Although applying styles inline is easy, the real power of the styling framework is that you can define sets of styles, called selectors, and apply them to many component instances. Selectors are defined using CSS (cascading style sheets) syntax written in either external style sheets or in between <mx:Style> tags within a component.

The CSS syntax used in Flex is similar to that used in HTML; however, there are some important differences you should be aware of. This section discusses local and external styles, the various available selectors, and compares Flex CSS to HTML CSS.

Understanding Local and External Styles

Styles can be defined using CSS in either an external style sheet or within MXML <mx:Style> tags. Styles defined in the latter mode are available only to the components and their children that are created within that particular MXML file. Using an external style sheet is recommended because it keeps all the styles centralized, which can increase legibility and simplify maintenance. Also, external style sheets can be packaged into themes and then dynamically loaded to change the look of an application without needing to recompile the application, as described later in this chapter.

Unless otherwise specified, a Flex application loads the standard Halo theme. The style sheet associated with this theme is located at [Adobe Flex Builder 3]/sdks/3.0.0/frameworks/projects/framework/defaults.css. Although this style sheet doesn't define every property for all components, it does define a lot of them. If you replace this file or load a different style sheet, your application may look pretty plain unless you redefine a lot of styles.

Understanding CSS Selectors

Style definitions, whether created externally or locally, comprise a set of styles, called selectors. Based on how they're named, they are applied to components in one of several ways: per instance (class selector), per class (type selector), or globally (global selector). Listing 4-3 provides the general syntax of how styles are defined in CSS.

Listing 4-3. Typical CSS selector syntax

style_name
{
     style_property: value;
     [...]
}

Class Selectors

Class selectors define a set of properties that can be applied to specific instances of components. For example, a class selector named bigRed may specify fontSize of 24 and color value of 0xFF0000 (see Listing 4-4). These properties can then be applied to any instance of a component by setting the styleName property to bigRed (see Listing 4-5).

Listing 4-4. The bigRed class selector definition

.bigRed
{
      fontSize: 24;
      color: #FF0000;
}

Listing 4-5. The bigRed class selector being applied to an instance of button and an instance of ComboBox

<mx:Button styleName="bigRed" />
<mx:ComboBox styleName="bigRed" />

Type Selectors

Type selectors define a set of properties that are automatically applied to all instances of a certain component. For example, a Button type selector that specifies a color value of 0xFF0000 causes all instances of button to have red text (see Listing 4-6).

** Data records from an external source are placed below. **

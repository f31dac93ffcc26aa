-- ===== src/Interaction/EventRead/Waiting.antt =====
-- winrt/Projection.cpp, ReadEvents and SubscribeEvent: a thread that starts the read or the subscription
-- of GenericEventReadState and waits for it. What the admission throws and the error of
-- StartConnectedOperation are inputs, and so are the callbacks up to the end of the wait: the state is
-- complete then, or the wait has timed out.
use matter_winrt.Base.{
  ℕ, ◌≡◌, refl, Bool, true, false, not, ◌||◌, ltb, Option, none, some, List, All, if◌then◌else◌,
  Result, ok, err, arith,
}
use matter_winrt.Chip.{ChipError, no_error, is_error}
use matter_winrt.Interaction.EventRead.{Config, State, Callback, initial, close, run}
use matter_winrt.Interaction.EventRead.Outcome.{
  CarriesError, ended, failed_open, decoded, event_read_ends_iff, events_in_order,
}

pub data Failure : Type 0 where
  invalid_argument illegal_call timed_out not_established : Failure
  chip : ChipError → Failure
  -- What the admission throws.
  refused : ℕ → Failure

abbrev pub reading : Config
reading = record { subscription = false; reporting = false }

abbrev pub subscribing : Config
subscribing = record { subscription = true; reporting = true }

module _ {ℓ} {V : Type ℓ} where
  -- ReadEvents from its wait on.
  pub read_waited : State V → Result Failure (List V)
  read_waited s =
      if not s.complete
      then err timed_out
      else if is_error s.result
      then err (chip s.result)
      else ok s.values

  -- `closed` is that of the runtime.
  pub read_events :
      Result Failure (Unit {0}) → Bool → ChipError → List (Callback V) → Result Failure (List V)
  unfolding read_waited
  read_events acquired closed start ks = elim acquired [
    | err f ↦ err f
    | ok u ↦
        if closed
        then err illegal_call
        else if is_error start
        then err (chip start)
        else read_waited (run reading (initial reading) ks)
  ]

  -- SubscribeEvent from its wait on; the scope guard closes a state that is not retained.
  pub subscribe_waited : State V → Result Failure (Unit {0}) × State V
  unfolding close
  subscribe_waited s =
      let t = close subscribing s in
      if not (s.established || s.complete)
      then (err timed_out, t)
      else if is_error s.result
      then (err (chip s.result), t)
      else if not s.established
      then (err not_established, t)
      else (ok tt, s)

  -- Once the state is made.
  pub subscribe_started : ChipError → List (Callback V) → Result Failure (Unit {0}) × State V
  unfolding subscribe_waited close initial
  subscribe_started start ks =
      if is_error start
      then (err (chip start), close subscribing (initial subscribing))
      else subscribe_waited (run subscribing (initial subscribing) ks)

  -- With the state that is left where one was made: the runtime retains it if the subscription is
  -- returned.
  pub subscribe_event :
      ℕ
      → ℕ
      → Result Failure (Unit {0})
      → Bool
      → ChipError
      → List (Callback V)
      → Result Failure (Unit {0}) × Option (State V)
  unfolding subscribe_started
  subscribe_event minimum maximum acquired closed start ks =
      let w = subscribe_started start ks in
      if ltb maximum minimum then (err invalid_argument, none) else elim acquired [
        | err f ↦ (err f, none)
        | ok u ↦ if closed then (err illegal_call, none) else (w.0, some w.1)
      ]

  -- What a state is left as.
  abbrev pub Left : Result Failure (Unit {0}) × State V → Type 0
  Left (ok u, s) = (s.established ≡ true) × (is_error s.result ≡ false)
  Left (err f, s) = s.closed ≡ true

  if-Left :
      (b : Bool) (f : Failure) (t : State V) (p : Result Failure (Unit {0}) × State V)
      → t.closed ≡ true
      → Left p
      → Left (if b then (err f, t) else p)
  if-Left true f t p h k = h
  if-Left false f t p h k = k

  close-closed : (s : State V) → (close subscribing s).closed ≡ true
  unfolding close
  close-closed s = ground arith

  established-Left :
      (s t : State V) (b : Bool)
      → s.established ≡ b
      → t.closed ≡ true
      → is_error s.result ≡ false
      → Left (if not b then (err not_established, t) else (ok tt, s))
  established-Left s t true q h r = (q, r)
  established-Left s t false q h r = h

  result-Left :
      (s t : State V) (b : Bool)
      → is_error s.result ≡ b
      → t.closed ≡ true
      → Left (
          if b
          then (err (chip s.result), t)
          else if not s.established
          then (err not_established, t)
          else (ok tt, s))
  result-Left s t true q h = h
  result-Left s t false q h = established-Left s t s.established refl h q

  waited-Left : (s : State V) → Left (subscribe_waited s)
  unfolding subscribe_waited
  waited-Left s =
      let t = close subscribing s in
      if-Left (not (s.established || s.complete)) timed_out t _ (close-closed s)
        (result-Left s t (is_error s.result) refl (close-closed s))

  -- A SubscribeEvent that has made its state leaves it settled: established and without an error if the
  -- subscription is returned, and closed if an exception is thrown, whatever the callbacks were.
  pub subscribe_started-Left :
      (start : ChipError) (ks : List (Callback V)) → Left (subscribe_started start ks)
  unfolding subscribe_started
  subscribe_started-Left start ks =
      if-Left (is_error start) (chip start) (close subscribing (initial subscribing)) _
        (close-closed (initial subscribing))
        (waited-Left (run subscribing (initial subscribing) ks))

  -- What ReadEvents comes to once it has started, where the SDK's failures carry an error: it times out
  -- exactly if no callback ends the read, it throws the error of the read exactly if a failure came
  -- before any Close, and else it returns every usable event, each once and in the order of the reports.
  pub read_events_outcome :
      (ks : List (Callback V))
      → All (CarriesError reading) ks
      → read_events (ok tt) false no_error ks ≡ (
          if not (ended reading ks)
          then err timed_out
          else if failed_open reading ks
          then err (chip (run reading (initial reading) ks).result)
          else ok (decoded reading ks))
  unfolding read_events read_waited
  read_events_outcome ks h =
      let e = event_read_ends_iff reading ks h in
      rw (e.0, e.1, events_in_order reading ks refl) refl
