-- ===== src/Interaction/Invoke.antt =====
-- winrt/Projection.cpp, GenericInvokeState: one command and its response. The decoder of the
-- response data is outside this file: the data of a callback is absent, undecodable (`some none`) or
-- the decoded value. HandleConnected is a chain of SDK calls, whose results are inputs.
pub mod Answer
use matter_winrt.Base.{
  ℕ, not, Bool, true, false, ◌&&◌, ◌||◌, ◌==◌, Option, none, some, List, [], ◌∷◌, if◌then◌else◌,
  is_some,
}
use matter_winrt.Chip.{
  ChipError, no_error, no_memory, invalid_argument, incorrect_state, decode_failed, timeout,
  is_error,
}

pub record Config : Type 0 where
  -- mPath, mResponseCommand and mResponseData.
  pub endpoint : ℕ
  pub cluster : ℕ
  pub response_command : Option ℕ
  pub response_data : Bool

pub record State {ℓ} (V : Type ℓ) : Type ℓ where
  pub complete : Bool
  pub result : ChipError
  pub value : Option V
  pub response_seen : Bool
  -- The CommandSender is there.
  pub sender : Bool

-- What OnResponse is given.
pub record Response {ℓ} (V : Type ℓ) : Type ℓ where
  pub endpoint : ℕ
  pub cluster : ℕ
  pub command : ℕ
  pub status : ChipError
  pub payload : Option (Option V)

-- What the calls of HandleConnected return: whether the sender could be made, PrepareCommand,
-- whether there is a writer, Next, CopyContainer, FinishCommand, SendCommandRequest.
pub record Connection : Type 0 where
  pub made : Bool
  pub prepare : ChipError
  pub writer : Bool
  pub next : ChipError
  pub copy : ChipError
  pub finish_command : ChipError
  pub send : ChipError

pub data Callback {ℓ} (V : Type ℓ) : Type ℓ where
  connected : Connection → Callback V
  connection_failed : ChipError → Callback V
  responded : Response V → Callback V
  failed : ChipError → Callback V
  done : Callback V
  releases : Callback V

-- A call is made only where the chain has had no error.
abbrev pub first_error : ChipError → ChipError → ChipError
first_error e f = if is_error e then e else f

-- `empty` is the property set with no field.
module _ {ℓ} {V : Type ℓ} (empty : V) (c : Config) where
  unfoldable pub initial : State V
  initial = record {
    complete = false;
    result = no_error;
    value = none;
    response_seen = false;
    sender = false;
  }

  unfoldable pub finish : ChipError → State V → State V
  finish error s = record s { result = error; complete = true }

  abbrev expects : ℕ → Response V → Bool
  expects r q = (q.command == r) && not (c.response_data && not (is_some q.payload))

  -- The test of OnResponse that refuses a response.
  unfoldable pub refuses : Response V → Bool → Bool
  refuses q seen = elim c.response_command [
    | none ↦ false
    | some r ↦
        seen
        || not (q.endpoint == c.endpoint)
        || not (q.cluster == c.cluster)
        || (not (is_error q.status) && not (expects r q))
  ]

  abbrev store : Option (Option V) → State V → State V
  store none s = record s { value = some empty }
  store (some none) s = record s { result = decode_failed }
  store (some (some v)) s = record s { value = some v }

  unfoldable pub on_response : Response V → State V → State V
  unfolding refuses
  on_response q s =
      if refuses q s.response_seen
      then record s { result = invalid_argument }
      else (let t = record s { response_seen = true } in
          if is_error q.status then record t { result = q.status } else store q.payload t)

  pub on_error : ChipError → State V → State V
  on_error error s = record s { result = error }

  unfoldable pub on_done : State V → State V
  on_done s =
      let missing = is_some c.response_command && not s.response_seen && not (is_error s.result) in
      record s { result = if missing then timeout else s.result; complete = true }

  unfoldable pub handle_connected : Connection → State V → State V
  unfolding finish
  handle_connected k s =
      let t = record s { sender = k.made } in
      if not k.made
      then finish no_memory t
      else (let written =
            if not (is_error k.prepare) && not k.writer then incorrect_state else k.prepare in
          let copied = first_error written (first_error k.next k.copy) in
          let error = first_error (first_error copied k.finish_command) k.send in
          if is_error error then finish error t else t)

  pub release_sender : State V → State V
  release_sender s = record s { sender = false }

  unfoldable pub step : State V → Callback V → State V
  unfolding finish on_response on_error on_done handle_connected release_sender
  step s (connected k) = handle_connected k s
  step s (connection_failed error) = finish error s
  step s (responded q) = on_response q s
  step s (failed error) = on_error error s
  step s done = on_done s
  step s releases = release_sender s

  unfoldable pub run : State V → List (Callback V) → State V
  run s [] = s
  run s (k ∷ ks) = run (step s k) ks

Listing 4-6. A Button type selector specifying red text

Button
{
      color: #FFFFFF;
}

The Global Selector

The global selector is a special type selector that can impact nearly every component of a Flex or AIR application. Basically, if no other styles have been defined for a component, a value from the global selector will be applied, if available.

Because Application (or WindowedApplication in AIR) is typically the topmost container, defining a type selector for Application seems to behave very similarly to using the global selector. However, the key difference is that setting a style property in the global selector can affect even noninheriting properties. For example, setting cornerRadius to 8 in the global selector affects all components that have a cornerRadius style property, even though cornerRadius is not an inheritable style (see Listing 4-7). Setting cornerRadius to 8 in only the Application selector will not impact any components.

Also, the global selector impacts components that are not actually children of the main Application container, such as popup alerts or windows.

Listing 4-7. The special global selector specifying a cornerRadius of 8 pixels

global
{
      cornerRadius: 8px;
}

HTML versus Flex CSS

If you've used CSS in HTML, the syntax for CSS in Flex will be familiar, but you'll find that the capabilities differ. Flex does not actually allow you to "cascade" styles in CSS as you can with HTML. For example, the CSS code snippet in Listing 4-8 will not apply styling to a button inside a component called SearchInput. CSS in Flex also does not support pseudo selectors, like img:hover. This means the code in Listing 4-9 would not affect the over state of a button in Flex, as it might in HTML. Furthermore, you cannot specify dimensions (such as width and height) and positioning (such as x and y), as you can in HTML.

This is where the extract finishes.